Starting with the line that contains "after (read_batch disk fuel l b)" and stopping after the line that contains "if not disk.same", copy the entries below exactly. Include nothing else.

===== Data

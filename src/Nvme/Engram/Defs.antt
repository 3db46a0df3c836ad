-- ===== src/Nvme/Engram/Defs.antt =====
-- `class EngramRows` of experiments/dsv41_nvme/engram_rows.py: `_validate`, `_fetch`, `_payloads`,
-- `prefetch`, `gather_into` and `close`. The calls of the disk are arguments of an operation, as
-- is whether the tables have the identity that the constructor saw. A prefetch runs on a thread
-- of its own while no other request runs: it is run where it is submitted, and its future is its
-- result. `none` is a read that runs out of fuel.
use vllm_exl.Prelude.Keys.{distinct}
use vllm_exl.Prelude.{
  ℕ, zero, suc, ◌+◌, ◌-◌, ◌*◌, max, ◌==◌, Bool, true, false, ◌||◌, not, Option, none, some, List,
  [], ◌∷◌, ◌++◌, ltb, if◌then◌else◌, Result, ok, raise, raise_if, ◌>>◌, runtime_error, value_error,
  key_error, length, take, drop, pos,
}
use vllm_exl.Prelude.Values.{Value, int_value, bool_value}
use vllm_exl.Nvme.Reads.Defs.{Bytes, Pread, read_row}
use vllm_exl.Nvme.Engram.Store.{Table, lookup, Scan, scan, keep_all}

-- the disk during a request: the calls on the table of weights and of scales, and whether both
-- tables have their identity at the start of `_payloads`, at the start and at the end of `_fetch`
pub record Disk : Type 0 where
  pub weights : Pread
  pub scales : Pread
  pub known : Bool
  pub same : Bool
  pub unchanged : Bool

pub record Stats : Type 0 where
  pub requests : ℕ
  pub owned_rows : ℕ
  pub distinct_rows : ℕ
  pub unique_hits : ℕ
  pub unique_misses : ℕ
  pub disk_weight_bytes : ℕ
  pub disk_scale_bytes : ℕ
  pub evictions : ℕ
  pub peak_cached_rows : ℕ
  pub prefetch_submitted : ℕ
  pub prefetch_consumed : ℕ
  pub prefetch_unused : ℕ

-- the row ids of a request and its ownership mask
abbrev pub Signature : Type 0
Signature = List ℕ × List Bool

abbrev pub Payloads : Type 0
Payloads = List (Option Bytes)

-- where the tables stand in their files, and how many rows they have
pub record Layout : Type 0 where
  pub w_offset : ℕ
  pub s_offset : ℕ
  pub rows : ℕ
  pub capacity : ℕ

pub record Engram : Type 0 where
  pub layout : Layout
  pub cache : Table
  pub pending : Option (Signature × Result Payloads)
  pub closed : Bool
  pub stats : Stats

abbrev pub dim : ℕ
dim = 256

abbrev pub scale_bytes : ℕ
scale_bytes = 8

abbrev pub max_request : ℕ
max_request = 8192

-- `type(r) is not int or not 0 <= r < self.rows`, and the row
abbrev pub row_id : ℕ → Value → Option ℕ
row_id rows (int_value (pos n)) = if ltb n rows then some n else none
row_id rows _ = none

abbrev pub ownership : Value → Option Bool
ownership (bool_value b) = some b
ownership _ = none

-- all of them, or none
abbrev pub all_some : {A : Type 0} → (Value → Option A) → List Value → Option (List A)
all_some f [] = some []
all_some f (v ∷ vs) = elim (f v) [
  | none ↦ none
  | some a ↦ elim (all_some f vs) [ none ↦ none | some as_ ↦ some (a ∷ as_) ]
]

abbrev pub signature_of : Option (List ℕ) → Option (List Bool) → Result Signature
signature_of none o = raise value_error
signature_of (some rows) none = raise value_error
signature_of (some rows) (some owned) = ok (rows, owned)

-- `_validate`
unfoldable pub validate : List Value → List Value → Engram → Result Signature
validate rows owned s =
    raise_if s.closed runtime_error
    >> raise_if (not (length rows == length owned) || ltb max_request (length rows)) value_error
    >> signature_of (all_some (row_id s.layout.rows) rows) (all_some ownership owned)

-- what a read does, or the next step
abbrev pub after {ℓ κ} :
    {A : Type ℓ} {B : Type κ} → Option (Result A) → (A → Option (Result B)) → Option (Result B)
after none f = none
after (some (raise e)) f = some (raise e)
after (some (ok a)) f = f a

-- the weights and the scales of a row
unfoldable pub read_pair : Disk → ℕ → Layout → ℕ → Option (Result Bytes)
read_pair disk fuel l k = after (read_row disk.weights fuel (l.w_offset + k * dim) dim) (λ w.
    after (read_row disk.scales fuel (l.s_offset + k * scale_bytes) scale_bytes)
      (λ s. some (ok (w ++ s))))

-- `chunk` of `_fetch`
unfoldable pub read_batch : Disk → ℕ → Layout → List ℕ → Option (Result Table)
unfolding read_pair
read_batch disk fuel l [] = some (ok [])
read_batch disk fuel l (k ∷ ks) =
    after (read_pair disk fuel l k)
      (λ d. after (read_batch disk fuel l ks) (λ rows. some (ok ((k, d) ∷ rows))))

-- `keys[start:start+16] for start in range(0, len(keys), 16)`, for as many rounds as keys
unfoldable pub batches : ℕ → List ℕ → List (List ℕ)
batches zero ks = []
batches (suc n) [] = []
batches (suc n) (k ∷ ks) = take 16 (k ∷ ks) ∷ batches n (drop 16 (k ∷ ks))

-- the results of the futures
unfoldable pub read_batches : Disk → ℕ → Layout → List (List ℕ) → Option (Result Table)
unfolding read_batch
read_batches disk fuel l [] = some (ok [])
read_batches disk fuel l (b ∷ bs) =
    after (read_batch disk fuel l b)
      (λ rows. after (read_batches disk fuel l bs) (λ more. some (ok (rows ++ more))))

-- `_fetch`
unfoldable pub fetch : Disk → ℕ → Layout → List ℕ → Option (Result Table)
unfolding batches read_batches
fetch disk fuel l keys =
    if not disk.same
    then some (raise value_error)
    else after (read_batches disk fuel l (batches (length keys) keys))
        (λ rows. if not disk.unchanged then some (raise value_error) else some (ok rows))

-- `_fetch(missing) if missing else ()`
abbrev pub fetch_missing : Disk → ℕ → Layout → List ℕ → Option (Result Table)
fetch_missing disk fuel l [] = some (ok [])
fetch_missing disk fuel l (k ∷ ks) = fetch disk fuel l (k ∷ ks)

-- the rows of a request that are owned
unfoldable pub owned_rows : List ℕ → List Bool → List ℕ
owned_rows [] owned = []
owned_rows (r ∷ rs) [] = []
owned_rows (r ∷ rs) (true ∷ bs) = r ∷ owned_rows rs bs
owned_rows (r ∷ rs) (false ∷ bs) = owned_rows rs bs

unfoldable pub count_owned : List Bool → ℕ
count_owned [] = 0
count_owned (true ∷ bs) = suc (count_owned bs)
count_owned (false ∷ bs) = count_owned bs

-- `payloads[key] = data` of every row that was read
unfoldable pub add_all : Table → Table → Table
add_all [] p = p
add_all (row ∷ rows) p = add_all rows (row ∷ p)

abbrev pub with_row : Option Bytes → Result Payloads → Result Payloads
with_row d (ok p) = ok (d ∷ p)
with_row d (raise e) = raise e

-- `[payloads[r] if keep else None for …]`
unfoldable pub assemble : Table → List ℕ → List Bool → Result Payloads
assemble p [] owned = ok []
assemble p (r ∷ rs) [] = ok []
assemble p (r ∷ rs) (false ∷ bs) = with_row none (assemble p rs bs)
assemble p (r ∷ rs) (true ∷ bs) = elim (lookup r p) [
  | none ↦ raise key_error
  | some d ↦ with_row (some d) (assemble p rs bs)
]

abbrev pub Outcome : Type 0 → Type 0
Outcome A = Result A × Engram

-- the counts of a request that was served, with the bytes that `_fetch` counts
abbrev pub counted : List Bool → List ℕ → List ℕ → ℕ → ℕ → Stats → Stats
counted owned keys missing evictions cached t = record t {
  requests = t.requests + 1;
  owned_rows = t.owned_rows + count_owned owned;
  distinct_rows = t.distinct_rows + length keys;
  unique_misses = t.unique_misses + length missing;
  unique_hits = t.unique_hits + (length keys - length missing);
  disk_weight_bytes = t.disk_weight_bytes + length missing * dim;
  disk_scale_bytes = t.disk_scale_bytes + length missing * scale_bytes;
  evictions = evictions;
  peak_cached_rows = max t.peak_cached_rows cached;
}

-- the end of `_payloads`, with the rows that were read
abbrev pub served : Signature → List ℕ → Scan → Table → Engram → Outcome Payloads
served signature keys found rows s =
    let kept = keep_all s.layout.capacity rows (found.cache, s.stats.evictions) in
    (
      assemble (add_all rows found.payloads) signature.0 signature.1,
      record s {
        cache = kept.0;
        stats = counted signature.1 keys found.missing kept.1 (length kept.0) s.stats;
      },
    )

abbrev pub fetched :
    Signature → List ℕ → Scan → Option (Result Table) → Engram → Option (Outcome Payloads)
fetched signature keys found none s = none
fetched signature keys found (some (raise e)) s = some (raise e, record s { cache = found.cache })
fetched signature keys found (some (ok rows)) s = some (served signature keys found rows s)

abbrev pub scanned : Disk → ℕ → Signature → List ℕ → Scan → Engram → Option (Outcome Payloads)
scanned disk fuel signature keys found s =
    fetched signature keys found (fetch_missing disk fuel s.layout found.missing) s

-- `_payloads`
unfoldable pub payloads : Disk → ℕ → Signature → Engram → Option (Outcome Payloads)
unfolding fetch distinct owned_rows count_owned add_all assemble scan keep_all
payloads disk fuel signature s =
    if s.closed
    then some (raise runtime_error, s)
    else if not disk.known
    then some (raise value_error, s)
    else let keys = distinct [] (owned_rows signature.0 signature.1) in
      scanned disk fuel signature keys (scan keys s.cache) s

==========

Exercise response
    after (read_batch disk fuel l b)
      (λ rows. after (read_batches disk fuel l bs) (λ more. some (ok (rows ++ more))))

-- `_fetch`
unfoldable pub fetch : Disk → ℕ → Layout → List ℕ → Option (Result Table)
unfolding batches read_batches
fetch disk fuel l keys =
    if not disk.same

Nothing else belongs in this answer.